Una volta assodato infatti che il profitto o, meglio, l’extra-profitto (la parte cioè che eccede la “giusta” remunerazione del capitale proprio) non è consustanziale all’azienda ma pertiene piuttosto all’imprenditore che vi ha dato vita, perché mai una scuola, un ospedale, un ministero o finanche l’intera macchina statale, non possono essere considerati – sotto l’aspetto economico, in quanto produttori di un particolare tipo di beni e servizi – delle vere e proprie aziende e, quindi, non dovrebbero essere organizzati e gestiti anch’essi secondo “economicità”?

Certo che lo devono essere perché sia ben chiara una cosa: nemmeno i beni e i servizi pubblici sono gratuiti, come a volte si dice argomentando che dovrebbero essere erogati secondo imprecisate logiche extra-aziendali.
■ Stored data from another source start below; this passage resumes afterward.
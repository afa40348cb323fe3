-- ===== src/Refs/Tests.antt =====
-- Unit tests of the refs, and the theorems at them.
use bole.Base.{
  ne_of_eq, storage, none, List, [], ◌∷◌, bytes, bytes_eq, bytes_discrete, ℕ_discrete, ◌≡◌, ◌≢◌,
  ◌↔◌, refl, nat_eq, each, err, ok, invalid_ref_name, transaction_conflict,
}
use bole.Base.Maps
use bole.Refs.{
  Refs, timeline, Timeline, append, commit_transaction, RefOp, create_tag_op, advance_head_op,
  advance_head_if_op, delete_op, apply_atomic, resolve,
}
use bole.Refs.Name
use bole.Refs.Name.{prefix, slash}
use bole.Refs.Name.Accepted.{IsName, new_iff}
use bole.Refs.Sequential.{sequential}
use bole.Refs.Commit.{CommitsAs, commit-sequential}
use bole.Refs.Methods.{swap_head, swap_head_exclusive}

abbrev main_head : Timeline
main_head = record {
  head = bytes "s1";
  policy = append;
  created_at = 1;
  kind = bytes "persistent";
  expires_at = none;
}

abbrev one_timeline : Refs
one_timeline = (bytes "main", timeline main_head) ∷ []

hierarchical : Name.new (bytes "experiment/foo") ≡ ok (bytes "experiment/foo")
unfolding Name.new each bytes_discrete ℕ_discrete
hierarchical = refl

rejects_dotdot :
    Name.new (bytes "a/../b") ≡ err (invalid_ref_name "segment must not start with '.'")
unfolding Name.new each bytes_discrete ℕ_discrete
rejects_dotdot = refl

prefix_of_hierarchical : prefix (bytes "a/b/c") ≡ bytes "a/b"
unfolding prefix ℕ_discrete
prefix_of_hierarchical = refl

-- A transaction whose last operation fails leaves no trace of the first.
all_or_nothing :
    commit_transaction one_timeline
      (delete_op (bytes "main") ∷ advance_head_op (bytes "main") (bytes "s2") ∷ [])
    ≡ (one_timeline, err (storage "ref not found"))
unfolding commit_transaction resolve Maps.get Maps.insert bytes_discrete ℕ_discrete
all_or_nothing = refl

new_iff_example : (Name.new (bytes "a/b") ≡ ok (bytes "a/b")) ↔ IsName (bytes "a/b")
new_iff_example = new_iff (bytes "a/b")

abbrev two_ops : List RefOp
two_ops =
    advance_head_if_op (bytes "main") (bytes "s1") (bytes "s2")
    ∷ create_tag_op (bytes "v1") (bytes "s2") none 7
    ∷ []

commit-sequential_example :
    CommitsAs one_timeline
      (commit_transaction one_timeline two_ops)
      (sequential one_timeline two_ops)
commit-sequential_example = commit-sequential one_timeline two_ops

s2_differs : bytes "s2" ≢ bytes "s1"
unfolding bytes_discrete ℕ_discrete
s2_differs = ne_of_eq (bytes "s2") (bytes "s1") refl

first_swap : (swap_head one_timeline (bytes "main") (bytes "s1") (bytes "s2")).1 ≡ ok tt
unfolding commit_transaction resolve apply_atomic Maps.get Maps.insert bytes_discrete ℕ_discrete
first_swap = refl

swap_head_exclusive_example :
    swap_head
      (swap_head one_timeline (bytes "main") (bytes "s1") (bytes "s2")).0
      (bytes "main")
      (bytes "s1")
      (bytes "s3")
    ≡ (
      (swap_head one_timeline (bytes "main") (bytes "s1") (bytes "s2")).0,
      err (transaction_conflict "head is not the expected value"),
    )
swap_head_exclusive_example =
    swap_head_exclusive one_timeline (bytes "main") (bytes "s1") (bytes "s2") (bytes "s3")
      s2_differs first_swap
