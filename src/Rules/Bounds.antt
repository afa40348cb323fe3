-- ===== src/Rules/Bounds.antt =====
-- The effective label of a resource is the least label above all that the matching rules give.
use bole.Base.{
  true, Option, none, some, List, [], ◌∷◌, Bytes, ◌≡◌, refl, ◌↔◌, contains, bytes_eq, ok, subst,
}
use bole.Lattice.{Label, LabelLattice, bottom, dominates, validate}
use bole.Lattice.Bounds.{join-IsJoin, dominates-join, bottom-top_bounds}
use bole.Rules.{
  LabelRule, LabelRuleSet, for_path, for_timeline, for_secret, join_matched, join_rules,
  label_for_path, label_for_timeline, label_for_secret,
}

module _ (l : LabelLattice) (matched : LabelRule → Option Label) where
  -- Every label that a rule of the list gives is one of the lattice's.
  abbrev pub GivesLabels : List LabelRule → Type 0
  GivesLabels [] = Unit
  GivesLabels (r ∷ rs) =
      ((x : Label) → matched r ≡ some x → contains l.labels x ≡ true) × GivesLabels rs

  -- `c` is above every label that a rule of the list gives.
  abbrev pub AboveAll : Label → List LabelRule → Type 0
  AboveAll c [] = Unit
  AboveAll c (r ∷ rs) = ((x : Label) → matched r ≡ some x → dominates l c x ≡ true) × AboveAll c rs

module _ (l : LabelLattice) (valid : validate l ≡ ok tt) (matched : LabelRule → Option Label) where
  matched_step :
      (acc : Label) (o : Option Label) (c : Label)
      → contains l.labels acc ≡ true
      → ((x : Label) → o ≡ some x → contains l.labels x ≡ true)
      → contains l.labels c ≡ true
      → (contains l.labels (join_matched l acc o) ≡ true)
        × ((dominates l c (join_matched l acc o) ≡ true)
            ↔ ((dominates l c acc ≡ true) × ((x : Label) → o ≡ some x → dominates l c x ≡ true)))
  matched_step acc none c la lo lc = (la, (λ h. (h, λ x e. absurd (cc)), λ h. h.0))
  matched_step acc (some x) c la lo lc =
      let e = dominates-join l valid acc x c la (lo x refl) lc in
      (
        (join-IsJoin l valid acc x la (lo x refl)).label,
        (
          λ h. ((e.0 h).0, λ y p. subst (λ z. dominates l c z ≡ true) (some_inj p) (e.0 h).1),
          λ h. e.1 (h.0, h.1 x refl),
        ),
      )
    where
      some_inj : {a b : Label} → some a ≡ some b → a ≡ b
      some_inj p = cc

  pub join_rules_bounds :
      (acc : Label) (rules : List LabelRule) (c : Label)
      → contains l.labels acc ≡ true
      → GivesLabels l matched rules
      → contains l.labels c ≡ true
      → (contains l.labels (join_rules l matched acc rules) ≡ true)
        × ((dominates l c (join_rules l matched acc rules) ≡ true)
            ↔ ((dominates l c acc ≡ true) × AboveAll l matched c rules))
  unfolding join_rules
  join_rules_bounds acc [] c la g lc = (la, (λ h. (h, tt), λ h. h.0))
  join_rules_bounds acc (r ∷ rs) c la g lc =
      let (l1, e1) = matched_step acc (matched r) c la g.0 lc in
      let (l2, e2) = join_rules_bounds (join_matched l acc (matched r)) rs c l1 g.1 lc in
      (
        l2,
        (
          λ h. let (d, above) = e2.0 h in let (da, dx) = e1.0 d in (da, (dx, above)),
          λ h. e2.1 (e1.1 (h.0, h.1.0), h.1.1),
        ),
      )

  -- With the bottom to start from, the bound is that of the rules alone.
  pub join_rules_from_bottom :
      (rules : List LabelRule) (c : Label)
      → GivesLabels l matched rules
      → contains l.labels c ≡ true
      → (contains l.labels (join_rules l matched (bottom l) rules) ≡ true)
        × ((dominates l c (join_rules l matched (bottom l) rules) ≡ true)
            ↔ AboveAll l matched c rules)
  join_rules_from_bottom rules c g lc =
      let (lb, low) = (bottom-top_bounds l valid).0 in
      let (lj, e) = join_rules_bounds (bottom l) rules c lb g lc in
      (lj, (λ h. (e.0 h).1, λ h. e.1 (low c lc, h)))

module _ (set : LabelRuleSet) (l : LabelLattice) (name : Bytes) (c : Label) where
  -- Over a lattice that `validate` accepts, where the matching rules give labels of the lattice,
  -- the effective label of a path, of a timeline and of a secret is a label of the lattice, and a label dominates
  -- it exactly when it dominates the label of every rule of that kind that matches.
  pub label_for_bounds :
      validate l ≡ ok tt
      → contains l.labels c ≡ true
      → GivesLabels l (for_path name) set.rules
      → GivesLabels l (for_timeline name) set.rules
      → GivesLabels l (for_secret name) set.rules
      → ((contains l.labels (label_for_path set l name) ≡ true)
          × ((dominates l c (label_for_path set l name) ≡ true)
              ↔ AboveAll l (for_path name) c set.rules))
        × ((contains l.labels (label_for_timeline set l name) ≡ true)
            × ((dominates l c (label_for_timeline set l name) ≡ true)
                ↔ AboveAll l (for_timeline name) c set.rules))
        × ((contains l.labels (label_for_secret set l name) ≡ true)
            × ((dominates l c (label_for_secret set l name) ≡ true)
                ↔ AboveAll l (for_secret name) c set.rules))
  unfolding label_for_path label_for_timeline label_for_secret
  label_for_bounds valid lc gp gt gs = (
    join_rules_from_bottom l valid (for_path name) set.rules c gp lc,
    join_rules_from_bottom l valid (for_timeline name) set.rules c gt lc,
    join_rules_from_bottom l valid (for_secret name) set.rules c gs lc,
  )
Tutto quello che si produce ha un costo e questo costo, in un modo o nell’altro, deve essere coperto, da qui non si scappa. Qualsiasi azienda, pubblica o privata che sia, deve (dovrebbe) rispettare un’altra fondamentale regola, secondo la quale i costi devono trovare competa copertura, non importa se dai destinatari diretti della produzione (sotto forma di corrispettivi o di tasse e balzelli ad hoc), da altri soggetti che se ne vogliono per qualsivoglia motivo far carico o, indirettamente dalla collettività, attraverso la fiscalità generale.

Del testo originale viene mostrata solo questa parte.